■ **Your objective**
All lines from the first one in the listing below to the one holding "pub mod Steps", inclusive, are to be copied exactly.

+---+

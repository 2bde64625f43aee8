-- ===== src/Orchestration.antt =====
-- One orchestrated turn (backend/app/services/agents/orchestrator_service.py): its trace tables and what
-- the agents exchange. The input and the output that a trace row previews are left out, and a cost in
-- dollars is a number of the smallest unit.
pub mod Recorder
pub mod Handoff
pub mod Steps
pub mod Findings
pub mod Terminal
pub mod Turn
pub mod Closed
pub mod Executed
pub mod Concluded
pub mod Counted
pub mod Capped
pub mod Costs
pub mod Recorded
pub mod Accounted
pub mod Drained
use gummy_os.Common.{ℕ, String, Text, Bool, List, Option}
use gummy_os.Models.{RunTrigger, RunStatus, StepStatus, AgentMessageRole}
use gummy_os.Tools.{Value}
use gummy_os.Tools.Executor.{ToolOutcome}

pub record AgentRun : Type 0 where
  pub id : ℕ
  pub user_id : ℕ
  pub conversation_id : Option ℕ
  pub trigger : RunTrigger
  pub status : RunStatus
  pub error : Option Text
  pub cost_tokens : ℕ
  pub cost_usd : ℕ
  pub finished : Bool

pub record AgentStep : Type 0 where
  pub id : ℕ
  pub run_id : ℕ
  pub agent_key : String
  pub seq : ℕ
  pub status : StepStatus
  pub error : Option Text
  pub cost_tokens : ℕ
  pub cost_usd : ℕ
  pub finished : Bool

pub record AgentMessage : Type 0 where
  pub run_id : ℕ
  pub from_agent : String
  pub to_agent : Option String
  pub role : AgentMessageRole
  pub seq : ℕ

-- The trace tables, and the state `L` of everything that the agents' handlers reach.
pub record Trace (L : Type 0) : Type 0 where
  pub runs : List AgentRun
  pub steps : List AgentStep
  pub messages : List AgentMessage
  pub next_id : ℕ
  pub handlers : L

-- The keys of `output` that the orchestrator reads; a key that is missing has its default.
pub record Output : Type 0 where
  pub reply : Text
  pub digest : Option Text
  pub model : Text
  pub input_tokens : ℕ
  pub output_tokens : ℕ
  pub memories_used : ℕ
  pub web_sources : List Value
  pub grounding_memories : List Text
  pub evidence_missing : Bool
  pub search_status : Text
  pub tools_used : List (String × ToolOutcome)

pub record AgentResult : Type 0 where
  pub output : Output
  pub proposed_actions : List Value
  pub proposed_memories : List Value
  pub citations : List Value
  pub tokens : ℕ
  pub usd : ℕ

pub record AgentHandoff : Type 0 where
  pub source_agent : String
  pub target_agent : String
  pub relevant_findings : List Text

-- An entry of the scratch: the terminal step's entries carry no hand-off.
pub record Scratch : Type 0 where
  pub agent_key : String
  pub output : Output
  pub handoff : Option AgentHandoff

-- What differs between the tasks of a turn.
pub record AgentTask : Type 0 where
  pub run_id : ℕ
  pub agent_key : String
  pub intent : Text
  pub scratch : List Scratch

+---+

■ **Expected output**
repository 2bde64625f43aee8
-- ===== src/Orchestration.antt =====
-- One orchestrated turn (backend/app/services/agents/orchestrator_service.py): its trace tables and what
-- the agents exchange. The input and the output that a trace row previews are left out, and a cost in
-- dollars is a number of the smallest unit.
pub mod Recorder
pub mod Handoff
pub mod Steps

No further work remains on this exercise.